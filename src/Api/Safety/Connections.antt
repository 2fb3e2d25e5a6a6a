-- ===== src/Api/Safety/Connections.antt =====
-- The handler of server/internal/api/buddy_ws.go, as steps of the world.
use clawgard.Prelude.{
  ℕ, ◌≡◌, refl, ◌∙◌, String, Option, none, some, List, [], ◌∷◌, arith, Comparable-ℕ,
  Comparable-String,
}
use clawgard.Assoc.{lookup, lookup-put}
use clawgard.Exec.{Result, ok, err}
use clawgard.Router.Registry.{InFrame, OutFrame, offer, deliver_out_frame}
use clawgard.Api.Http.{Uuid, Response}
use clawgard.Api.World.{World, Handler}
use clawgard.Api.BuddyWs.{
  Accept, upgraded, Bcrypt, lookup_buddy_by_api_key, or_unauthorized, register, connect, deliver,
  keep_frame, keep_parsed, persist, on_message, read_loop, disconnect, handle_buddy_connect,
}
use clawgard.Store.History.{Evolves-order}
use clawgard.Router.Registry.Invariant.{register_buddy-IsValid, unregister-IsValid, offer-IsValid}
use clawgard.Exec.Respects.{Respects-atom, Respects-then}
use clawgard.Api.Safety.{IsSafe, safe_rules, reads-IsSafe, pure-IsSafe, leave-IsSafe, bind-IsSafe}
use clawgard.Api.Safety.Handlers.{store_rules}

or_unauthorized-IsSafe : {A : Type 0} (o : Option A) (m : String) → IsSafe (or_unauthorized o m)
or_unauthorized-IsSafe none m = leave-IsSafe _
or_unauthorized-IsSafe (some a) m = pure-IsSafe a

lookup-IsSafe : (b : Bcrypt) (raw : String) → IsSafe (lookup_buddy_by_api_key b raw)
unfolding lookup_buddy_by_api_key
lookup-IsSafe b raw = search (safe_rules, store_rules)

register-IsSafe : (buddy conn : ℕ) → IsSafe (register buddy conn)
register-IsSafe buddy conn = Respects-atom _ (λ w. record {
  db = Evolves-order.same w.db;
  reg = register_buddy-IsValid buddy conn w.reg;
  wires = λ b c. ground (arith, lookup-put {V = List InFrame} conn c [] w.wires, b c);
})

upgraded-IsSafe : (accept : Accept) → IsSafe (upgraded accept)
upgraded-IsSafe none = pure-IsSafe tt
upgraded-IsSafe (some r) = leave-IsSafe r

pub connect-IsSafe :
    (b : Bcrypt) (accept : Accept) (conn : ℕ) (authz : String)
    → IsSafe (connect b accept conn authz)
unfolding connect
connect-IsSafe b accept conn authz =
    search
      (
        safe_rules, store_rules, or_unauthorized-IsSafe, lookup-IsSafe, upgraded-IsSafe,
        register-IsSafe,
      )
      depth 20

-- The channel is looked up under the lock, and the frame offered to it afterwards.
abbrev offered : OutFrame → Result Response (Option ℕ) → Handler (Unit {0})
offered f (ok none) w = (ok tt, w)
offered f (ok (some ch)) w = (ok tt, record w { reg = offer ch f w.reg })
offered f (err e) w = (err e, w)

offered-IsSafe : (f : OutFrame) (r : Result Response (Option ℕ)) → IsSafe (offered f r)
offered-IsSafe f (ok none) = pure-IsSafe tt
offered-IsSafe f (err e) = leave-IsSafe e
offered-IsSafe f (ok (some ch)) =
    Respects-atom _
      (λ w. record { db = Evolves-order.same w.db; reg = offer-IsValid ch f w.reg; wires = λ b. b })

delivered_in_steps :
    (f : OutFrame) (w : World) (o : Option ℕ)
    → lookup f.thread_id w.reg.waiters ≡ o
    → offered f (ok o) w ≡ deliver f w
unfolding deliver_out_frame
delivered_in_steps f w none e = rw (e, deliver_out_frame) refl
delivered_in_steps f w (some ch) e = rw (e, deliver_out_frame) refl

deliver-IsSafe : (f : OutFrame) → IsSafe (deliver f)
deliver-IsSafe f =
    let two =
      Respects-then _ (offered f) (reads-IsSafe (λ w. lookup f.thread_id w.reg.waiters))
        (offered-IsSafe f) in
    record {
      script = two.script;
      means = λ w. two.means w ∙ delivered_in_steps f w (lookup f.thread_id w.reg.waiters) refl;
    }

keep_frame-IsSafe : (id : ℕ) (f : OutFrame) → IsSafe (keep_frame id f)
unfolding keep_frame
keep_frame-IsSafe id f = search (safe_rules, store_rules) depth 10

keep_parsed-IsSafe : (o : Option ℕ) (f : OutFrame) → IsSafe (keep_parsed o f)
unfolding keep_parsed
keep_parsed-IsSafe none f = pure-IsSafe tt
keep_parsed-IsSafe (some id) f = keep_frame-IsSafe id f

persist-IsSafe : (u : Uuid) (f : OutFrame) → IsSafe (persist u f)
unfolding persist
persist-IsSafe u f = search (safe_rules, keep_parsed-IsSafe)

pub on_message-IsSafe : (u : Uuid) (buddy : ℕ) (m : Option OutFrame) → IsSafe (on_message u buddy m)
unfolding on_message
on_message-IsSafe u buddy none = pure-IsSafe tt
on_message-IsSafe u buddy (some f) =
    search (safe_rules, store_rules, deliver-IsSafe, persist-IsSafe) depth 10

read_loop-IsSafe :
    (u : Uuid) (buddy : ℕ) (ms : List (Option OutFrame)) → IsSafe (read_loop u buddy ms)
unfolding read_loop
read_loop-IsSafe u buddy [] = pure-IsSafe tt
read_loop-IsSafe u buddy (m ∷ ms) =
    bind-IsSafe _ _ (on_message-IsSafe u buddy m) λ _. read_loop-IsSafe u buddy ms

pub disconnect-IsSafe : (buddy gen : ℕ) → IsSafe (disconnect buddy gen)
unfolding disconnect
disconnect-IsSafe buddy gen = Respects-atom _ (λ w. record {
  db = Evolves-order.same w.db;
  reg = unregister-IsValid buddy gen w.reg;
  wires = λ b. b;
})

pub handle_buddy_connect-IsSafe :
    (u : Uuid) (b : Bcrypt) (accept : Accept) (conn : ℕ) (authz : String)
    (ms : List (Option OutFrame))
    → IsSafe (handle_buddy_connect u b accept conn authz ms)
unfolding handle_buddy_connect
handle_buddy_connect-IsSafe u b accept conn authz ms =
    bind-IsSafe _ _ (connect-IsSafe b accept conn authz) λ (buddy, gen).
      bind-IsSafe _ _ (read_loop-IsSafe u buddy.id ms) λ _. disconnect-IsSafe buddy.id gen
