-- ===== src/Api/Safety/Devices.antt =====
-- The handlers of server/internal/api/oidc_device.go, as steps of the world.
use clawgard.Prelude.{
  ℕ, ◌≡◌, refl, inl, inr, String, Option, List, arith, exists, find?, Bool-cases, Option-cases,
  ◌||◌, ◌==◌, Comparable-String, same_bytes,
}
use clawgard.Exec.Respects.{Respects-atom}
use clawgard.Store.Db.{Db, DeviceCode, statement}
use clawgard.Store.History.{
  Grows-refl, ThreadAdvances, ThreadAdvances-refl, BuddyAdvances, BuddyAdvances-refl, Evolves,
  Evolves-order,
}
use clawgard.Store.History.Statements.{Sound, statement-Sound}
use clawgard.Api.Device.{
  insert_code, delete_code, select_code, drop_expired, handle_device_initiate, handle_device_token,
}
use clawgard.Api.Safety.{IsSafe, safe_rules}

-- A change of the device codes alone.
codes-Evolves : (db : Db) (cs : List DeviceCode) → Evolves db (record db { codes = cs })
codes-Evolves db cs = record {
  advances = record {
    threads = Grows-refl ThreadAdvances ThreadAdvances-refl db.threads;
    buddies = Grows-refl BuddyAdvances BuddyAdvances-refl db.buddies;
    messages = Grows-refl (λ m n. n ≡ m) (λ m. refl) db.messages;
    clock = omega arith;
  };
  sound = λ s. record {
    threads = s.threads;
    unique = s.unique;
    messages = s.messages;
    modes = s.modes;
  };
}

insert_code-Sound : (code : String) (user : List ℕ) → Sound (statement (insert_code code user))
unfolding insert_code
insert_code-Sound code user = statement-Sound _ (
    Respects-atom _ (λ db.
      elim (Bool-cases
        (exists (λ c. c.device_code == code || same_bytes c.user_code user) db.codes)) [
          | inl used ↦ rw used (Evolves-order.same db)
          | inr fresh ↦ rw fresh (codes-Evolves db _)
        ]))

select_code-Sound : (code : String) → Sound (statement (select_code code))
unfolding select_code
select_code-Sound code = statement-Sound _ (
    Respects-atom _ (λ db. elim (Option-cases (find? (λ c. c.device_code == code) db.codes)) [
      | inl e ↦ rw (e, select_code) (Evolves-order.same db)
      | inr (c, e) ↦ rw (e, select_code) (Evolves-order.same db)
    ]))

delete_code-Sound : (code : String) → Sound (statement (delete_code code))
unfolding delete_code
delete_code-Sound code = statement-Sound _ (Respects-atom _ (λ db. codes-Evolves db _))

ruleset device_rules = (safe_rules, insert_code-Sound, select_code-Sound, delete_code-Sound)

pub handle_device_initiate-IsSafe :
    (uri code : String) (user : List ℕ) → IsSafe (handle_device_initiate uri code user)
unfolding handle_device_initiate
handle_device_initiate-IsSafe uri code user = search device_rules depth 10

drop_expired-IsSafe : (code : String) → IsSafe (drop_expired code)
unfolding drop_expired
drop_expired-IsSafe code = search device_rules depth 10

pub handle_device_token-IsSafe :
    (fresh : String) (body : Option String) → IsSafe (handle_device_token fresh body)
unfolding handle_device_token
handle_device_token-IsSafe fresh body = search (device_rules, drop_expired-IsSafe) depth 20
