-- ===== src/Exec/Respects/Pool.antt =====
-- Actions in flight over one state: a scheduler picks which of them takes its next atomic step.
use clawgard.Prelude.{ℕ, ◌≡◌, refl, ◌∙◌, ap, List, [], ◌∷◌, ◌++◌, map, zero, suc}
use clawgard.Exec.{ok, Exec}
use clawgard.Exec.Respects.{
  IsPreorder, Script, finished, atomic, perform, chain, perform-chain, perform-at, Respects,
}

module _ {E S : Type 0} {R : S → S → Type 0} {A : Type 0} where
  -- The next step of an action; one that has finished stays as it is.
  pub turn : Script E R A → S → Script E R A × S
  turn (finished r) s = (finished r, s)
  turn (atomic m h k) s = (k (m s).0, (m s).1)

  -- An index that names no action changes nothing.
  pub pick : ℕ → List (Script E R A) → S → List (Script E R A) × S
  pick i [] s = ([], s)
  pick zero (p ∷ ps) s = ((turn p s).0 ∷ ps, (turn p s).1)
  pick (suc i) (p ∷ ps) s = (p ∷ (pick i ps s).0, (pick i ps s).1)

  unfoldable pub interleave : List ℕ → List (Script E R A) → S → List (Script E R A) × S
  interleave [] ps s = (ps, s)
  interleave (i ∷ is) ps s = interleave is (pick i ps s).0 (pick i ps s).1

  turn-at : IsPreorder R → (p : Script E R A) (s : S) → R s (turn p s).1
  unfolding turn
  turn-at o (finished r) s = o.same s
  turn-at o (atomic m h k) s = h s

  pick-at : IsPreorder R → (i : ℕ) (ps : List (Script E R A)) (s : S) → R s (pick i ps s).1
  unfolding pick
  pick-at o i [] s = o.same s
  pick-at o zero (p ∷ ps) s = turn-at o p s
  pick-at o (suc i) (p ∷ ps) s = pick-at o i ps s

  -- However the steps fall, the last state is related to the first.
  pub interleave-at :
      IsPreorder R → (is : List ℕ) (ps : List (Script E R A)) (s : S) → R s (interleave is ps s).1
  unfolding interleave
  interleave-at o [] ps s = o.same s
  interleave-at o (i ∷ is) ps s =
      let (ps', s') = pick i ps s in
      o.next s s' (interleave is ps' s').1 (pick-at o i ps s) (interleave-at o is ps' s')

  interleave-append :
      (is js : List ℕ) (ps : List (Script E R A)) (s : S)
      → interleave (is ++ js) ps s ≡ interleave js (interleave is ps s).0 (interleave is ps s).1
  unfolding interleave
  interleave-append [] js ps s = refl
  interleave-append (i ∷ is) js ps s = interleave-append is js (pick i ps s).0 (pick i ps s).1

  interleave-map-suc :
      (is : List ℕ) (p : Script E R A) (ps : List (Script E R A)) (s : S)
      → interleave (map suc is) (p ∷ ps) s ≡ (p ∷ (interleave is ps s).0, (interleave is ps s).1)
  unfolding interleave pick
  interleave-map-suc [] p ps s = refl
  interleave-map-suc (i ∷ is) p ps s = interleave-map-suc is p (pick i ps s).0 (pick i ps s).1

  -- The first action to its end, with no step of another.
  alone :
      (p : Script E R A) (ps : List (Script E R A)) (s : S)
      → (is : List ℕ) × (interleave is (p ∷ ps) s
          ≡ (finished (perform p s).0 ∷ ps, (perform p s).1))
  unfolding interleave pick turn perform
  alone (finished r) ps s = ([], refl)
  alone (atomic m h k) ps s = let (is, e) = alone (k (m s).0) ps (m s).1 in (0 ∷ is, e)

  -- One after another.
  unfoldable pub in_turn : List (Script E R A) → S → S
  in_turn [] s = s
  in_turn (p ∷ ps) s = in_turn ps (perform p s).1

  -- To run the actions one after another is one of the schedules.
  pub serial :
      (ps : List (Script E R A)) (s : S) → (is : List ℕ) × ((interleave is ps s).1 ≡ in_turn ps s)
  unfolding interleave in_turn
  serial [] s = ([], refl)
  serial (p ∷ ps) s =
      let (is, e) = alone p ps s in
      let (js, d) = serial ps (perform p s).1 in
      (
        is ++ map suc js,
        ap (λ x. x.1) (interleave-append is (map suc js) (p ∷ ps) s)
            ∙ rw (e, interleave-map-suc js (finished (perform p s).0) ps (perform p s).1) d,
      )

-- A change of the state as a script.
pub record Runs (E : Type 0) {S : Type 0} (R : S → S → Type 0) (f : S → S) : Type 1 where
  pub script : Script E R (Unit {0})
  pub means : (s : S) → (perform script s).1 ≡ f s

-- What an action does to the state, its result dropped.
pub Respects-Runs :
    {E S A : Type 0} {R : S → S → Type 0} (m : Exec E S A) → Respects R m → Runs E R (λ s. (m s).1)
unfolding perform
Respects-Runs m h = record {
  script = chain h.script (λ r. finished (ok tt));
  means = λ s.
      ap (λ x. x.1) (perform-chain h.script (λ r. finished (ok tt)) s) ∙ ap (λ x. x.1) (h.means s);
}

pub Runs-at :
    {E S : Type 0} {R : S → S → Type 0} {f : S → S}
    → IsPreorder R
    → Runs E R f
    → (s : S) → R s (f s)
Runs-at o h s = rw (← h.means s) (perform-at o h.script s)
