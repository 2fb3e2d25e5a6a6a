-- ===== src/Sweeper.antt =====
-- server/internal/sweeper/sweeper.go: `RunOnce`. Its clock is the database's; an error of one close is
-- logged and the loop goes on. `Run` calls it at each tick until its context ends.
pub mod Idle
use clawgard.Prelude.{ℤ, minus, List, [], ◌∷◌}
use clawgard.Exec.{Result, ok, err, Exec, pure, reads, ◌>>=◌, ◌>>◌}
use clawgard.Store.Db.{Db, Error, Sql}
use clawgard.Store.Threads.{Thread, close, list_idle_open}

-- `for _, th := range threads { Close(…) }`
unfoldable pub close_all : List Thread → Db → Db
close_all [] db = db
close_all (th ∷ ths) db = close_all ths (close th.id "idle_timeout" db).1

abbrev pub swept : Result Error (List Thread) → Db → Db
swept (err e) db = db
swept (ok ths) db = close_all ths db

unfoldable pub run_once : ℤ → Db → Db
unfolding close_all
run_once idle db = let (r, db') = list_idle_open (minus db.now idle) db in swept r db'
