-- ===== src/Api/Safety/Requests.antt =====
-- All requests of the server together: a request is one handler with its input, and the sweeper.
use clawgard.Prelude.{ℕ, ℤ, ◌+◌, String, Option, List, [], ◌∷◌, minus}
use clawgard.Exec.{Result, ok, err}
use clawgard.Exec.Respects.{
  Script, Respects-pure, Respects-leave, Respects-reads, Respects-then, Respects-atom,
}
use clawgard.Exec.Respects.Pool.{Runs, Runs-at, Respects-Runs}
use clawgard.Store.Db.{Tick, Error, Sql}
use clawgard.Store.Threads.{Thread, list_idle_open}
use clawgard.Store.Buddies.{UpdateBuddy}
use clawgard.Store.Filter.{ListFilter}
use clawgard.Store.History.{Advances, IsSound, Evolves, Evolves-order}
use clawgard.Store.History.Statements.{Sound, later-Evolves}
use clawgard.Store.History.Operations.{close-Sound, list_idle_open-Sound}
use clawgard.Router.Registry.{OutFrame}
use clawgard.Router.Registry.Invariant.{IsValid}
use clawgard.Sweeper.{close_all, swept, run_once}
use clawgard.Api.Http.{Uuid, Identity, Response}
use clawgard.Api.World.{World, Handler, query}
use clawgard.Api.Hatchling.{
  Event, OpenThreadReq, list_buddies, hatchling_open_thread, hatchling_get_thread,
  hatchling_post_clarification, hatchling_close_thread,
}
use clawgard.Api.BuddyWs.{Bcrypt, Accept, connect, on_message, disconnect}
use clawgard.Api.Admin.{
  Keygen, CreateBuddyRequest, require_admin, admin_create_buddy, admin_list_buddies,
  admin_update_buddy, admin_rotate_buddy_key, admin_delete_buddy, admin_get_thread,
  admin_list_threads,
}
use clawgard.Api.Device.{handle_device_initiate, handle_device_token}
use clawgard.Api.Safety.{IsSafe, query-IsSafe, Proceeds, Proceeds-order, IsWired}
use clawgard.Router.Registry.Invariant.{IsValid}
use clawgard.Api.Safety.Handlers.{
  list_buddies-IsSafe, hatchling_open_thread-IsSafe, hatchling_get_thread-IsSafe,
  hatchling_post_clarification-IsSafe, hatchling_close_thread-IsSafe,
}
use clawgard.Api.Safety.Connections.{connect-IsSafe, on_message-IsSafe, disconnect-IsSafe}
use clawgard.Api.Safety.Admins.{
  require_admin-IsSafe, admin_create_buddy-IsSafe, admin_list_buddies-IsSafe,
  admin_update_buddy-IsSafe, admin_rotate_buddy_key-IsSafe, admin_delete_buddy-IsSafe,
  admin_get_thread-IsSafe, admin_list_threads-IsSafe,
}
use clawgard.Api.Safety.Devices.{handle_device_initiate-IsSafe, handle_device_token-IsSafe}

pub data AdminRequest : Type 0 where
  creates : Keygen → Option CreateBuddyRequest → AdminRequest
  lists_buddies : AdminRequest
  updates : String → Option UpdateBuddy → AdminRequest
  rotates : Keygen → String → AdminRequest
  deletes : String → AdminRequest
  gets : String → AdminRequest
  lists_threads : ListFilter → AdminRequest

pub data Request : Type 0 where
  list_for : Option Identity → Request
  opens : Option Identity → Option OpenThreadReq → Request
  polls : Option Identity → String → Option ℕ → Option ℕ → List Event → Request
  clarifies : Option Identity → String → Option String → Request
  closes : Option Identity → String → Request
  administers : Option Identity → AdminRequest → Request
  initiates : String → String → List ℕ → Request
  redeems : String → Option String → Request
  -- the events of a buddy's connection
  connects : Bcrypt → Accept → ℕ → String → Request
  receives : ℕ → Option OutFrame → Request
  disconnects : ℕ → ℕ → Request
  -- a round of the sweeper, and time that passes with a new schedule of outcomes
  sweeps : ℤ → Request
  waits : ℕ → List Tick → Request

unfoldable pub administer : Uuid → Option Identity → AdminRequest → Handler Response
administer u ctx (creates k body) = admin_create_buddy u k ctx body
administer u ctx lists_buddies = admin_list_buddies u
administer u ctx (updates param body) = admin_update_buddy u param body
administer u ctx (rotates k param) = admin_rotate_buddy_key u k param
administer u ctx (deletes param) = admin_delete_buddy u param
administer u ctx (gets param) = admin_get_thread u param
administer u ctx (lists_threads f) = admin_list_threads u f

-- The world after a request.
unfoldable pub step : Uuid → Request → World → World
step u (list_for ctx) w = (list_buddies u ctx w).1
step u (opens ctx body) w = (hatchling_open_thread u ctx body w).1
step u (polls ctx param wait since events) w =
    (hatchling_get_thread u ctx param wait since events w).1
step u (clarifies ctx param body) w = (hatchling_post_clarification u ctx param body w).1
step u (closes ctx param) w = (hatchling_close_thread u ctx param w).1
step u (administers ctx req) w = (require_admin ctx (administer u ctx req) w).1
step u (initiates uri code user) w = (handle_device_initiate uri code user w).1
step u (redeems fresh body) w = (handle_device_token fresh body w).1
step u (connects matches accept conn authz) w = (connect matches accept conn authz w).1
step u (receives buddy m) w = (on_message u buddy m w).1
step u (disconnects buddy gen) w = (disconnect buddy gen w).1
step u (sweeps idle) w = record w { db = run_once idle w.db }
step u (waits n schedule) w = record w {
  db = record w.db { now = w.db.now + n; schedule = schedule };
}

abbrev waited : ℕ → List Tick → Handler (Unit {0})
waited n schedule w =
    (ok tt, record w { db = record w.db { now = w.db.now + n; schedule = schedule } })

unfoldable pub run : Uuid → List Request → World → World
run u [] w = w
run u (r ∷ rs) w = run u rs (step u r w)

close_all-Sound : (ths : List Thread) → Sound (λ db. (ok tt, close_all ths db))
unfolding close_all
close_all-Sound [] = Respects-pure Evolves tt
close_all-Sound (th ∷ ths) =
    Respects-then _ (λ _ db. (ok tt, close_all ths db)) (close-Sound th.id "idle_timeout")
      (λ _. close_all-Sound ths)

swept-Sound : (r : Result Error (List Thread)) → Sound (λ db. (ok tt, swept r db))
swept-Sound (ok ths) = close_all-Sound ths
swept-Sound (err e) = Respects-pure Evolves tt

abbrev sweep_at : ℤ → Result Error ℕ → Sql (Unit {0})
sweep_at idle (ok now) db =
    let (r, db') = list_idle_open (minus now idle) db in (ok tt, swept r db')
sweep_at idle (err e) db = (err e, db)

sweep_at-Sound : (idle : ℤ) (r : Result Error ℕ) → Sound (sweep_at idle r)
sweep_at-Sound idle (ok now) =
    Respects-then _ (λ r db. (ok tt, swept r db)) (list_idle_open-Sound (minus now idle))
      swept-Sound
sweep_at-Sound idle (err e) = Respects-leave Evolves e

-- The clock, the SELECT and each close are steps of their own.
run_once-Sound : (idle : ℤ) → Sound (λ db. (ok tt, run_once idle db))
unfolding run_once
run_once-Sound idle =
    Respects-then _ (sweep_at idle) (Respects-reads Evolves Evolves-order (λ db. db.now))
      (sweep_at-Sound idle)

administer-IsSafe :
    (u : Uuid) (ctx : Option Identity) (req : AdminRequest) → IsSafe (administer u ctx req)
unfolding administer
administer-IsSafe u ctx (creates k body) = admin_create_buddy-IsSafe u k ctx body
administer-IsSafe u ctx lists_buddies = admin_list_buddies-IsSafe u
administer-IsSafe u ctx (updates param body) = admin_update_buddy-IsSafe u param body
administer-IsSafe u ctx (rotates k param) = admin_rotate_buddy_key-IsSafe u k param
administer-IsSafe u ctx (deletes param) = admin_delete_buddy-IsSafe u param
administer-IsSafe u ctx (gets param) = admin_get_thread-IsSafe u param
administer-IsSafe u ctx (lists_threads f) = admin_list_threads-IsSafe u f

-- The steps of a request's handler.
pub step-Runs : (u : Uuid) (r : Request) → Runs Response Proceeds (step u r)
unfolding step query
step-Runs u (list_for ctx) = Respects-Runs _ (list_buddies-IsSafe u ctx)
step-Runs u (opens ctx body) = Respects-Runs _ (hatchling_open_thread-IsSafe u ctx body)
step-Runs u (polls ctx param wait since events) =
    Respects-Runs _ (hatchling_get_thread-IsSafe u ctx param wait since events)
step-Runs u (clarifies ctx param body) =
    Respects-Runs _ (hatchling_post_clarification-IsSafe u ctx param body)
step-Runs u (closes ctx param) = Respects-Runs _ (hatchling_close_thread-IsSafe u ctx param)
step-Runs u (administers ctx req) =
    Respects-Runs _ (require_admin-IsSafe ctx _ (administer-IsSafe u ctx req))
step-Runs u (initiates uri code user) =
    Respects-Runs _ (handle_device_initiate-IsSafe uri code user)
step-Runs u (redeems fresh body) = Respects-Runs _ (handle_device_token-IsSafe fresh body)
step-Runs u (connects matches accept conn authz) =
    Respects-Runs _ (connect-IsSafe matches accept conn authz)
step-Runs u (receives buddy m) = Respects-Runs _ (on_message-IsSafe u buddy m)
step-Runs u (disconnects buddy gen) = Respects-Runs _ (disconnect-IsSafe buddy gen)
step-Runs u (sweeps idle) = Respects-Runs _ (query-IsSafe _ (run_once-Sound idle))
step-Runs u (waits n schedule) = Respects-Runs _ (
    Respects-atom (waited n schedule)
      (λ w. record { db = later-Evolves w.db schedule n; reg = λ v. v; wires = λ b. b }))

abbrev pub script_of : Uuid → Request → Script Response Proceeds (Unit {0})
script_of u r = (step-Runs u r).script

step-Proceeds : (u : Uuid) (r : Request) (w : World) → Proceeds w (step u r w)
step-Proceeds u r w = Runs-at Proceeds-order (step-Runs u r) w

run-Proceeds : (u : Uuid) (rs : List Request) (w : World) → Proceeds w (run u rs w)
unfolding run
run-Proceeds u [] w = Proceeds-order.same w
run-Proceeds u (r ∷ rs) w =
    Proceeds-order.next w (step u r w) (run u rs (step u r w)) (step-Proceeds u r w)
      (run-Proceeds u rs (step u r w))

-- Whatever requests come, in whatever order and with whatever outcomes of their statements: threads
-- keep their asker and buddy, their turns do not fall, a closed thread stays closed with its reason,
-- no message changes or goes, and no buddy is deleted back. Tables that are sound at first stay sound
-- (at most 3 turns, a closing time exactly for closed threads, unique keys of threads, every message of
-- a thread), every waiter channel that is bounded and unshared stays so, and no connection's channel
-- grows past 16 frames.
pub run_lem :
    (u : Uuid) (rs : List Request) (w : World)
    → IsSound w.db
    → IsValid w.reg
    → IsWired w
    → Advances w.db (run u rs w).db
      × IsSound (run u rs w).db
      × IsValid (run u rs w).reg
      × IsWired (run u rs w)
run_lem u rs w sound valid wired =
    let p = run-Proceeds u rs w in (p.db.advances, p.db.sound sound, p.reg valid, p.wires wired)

Exercise:
All lines above between those holding "wires = λ b. b;" and "bind-IsSafe _ _ (connect-IsSafe", inclusive, must be set down unchanged, and no other line may be included.

Output for this task:
  wires = λ b. b;
})

pub handle_buddy_connect-IsSafe :
    (u : Uuid) (b : Bcrypt) (accept : Accept) (conn : ℕ) (authz : String)
    (ms : List (Option OutFrame))
    → IsSafe (handle_buddy_connect u b accept conn authz ms)
unfolding handle_buddy_connect
handle_buddy_connect-IsSafe u b accept conn authz ms =
    bind-IsSafe _ _ (connect-IsSafe b accept conn authz) λ (buddy, gen).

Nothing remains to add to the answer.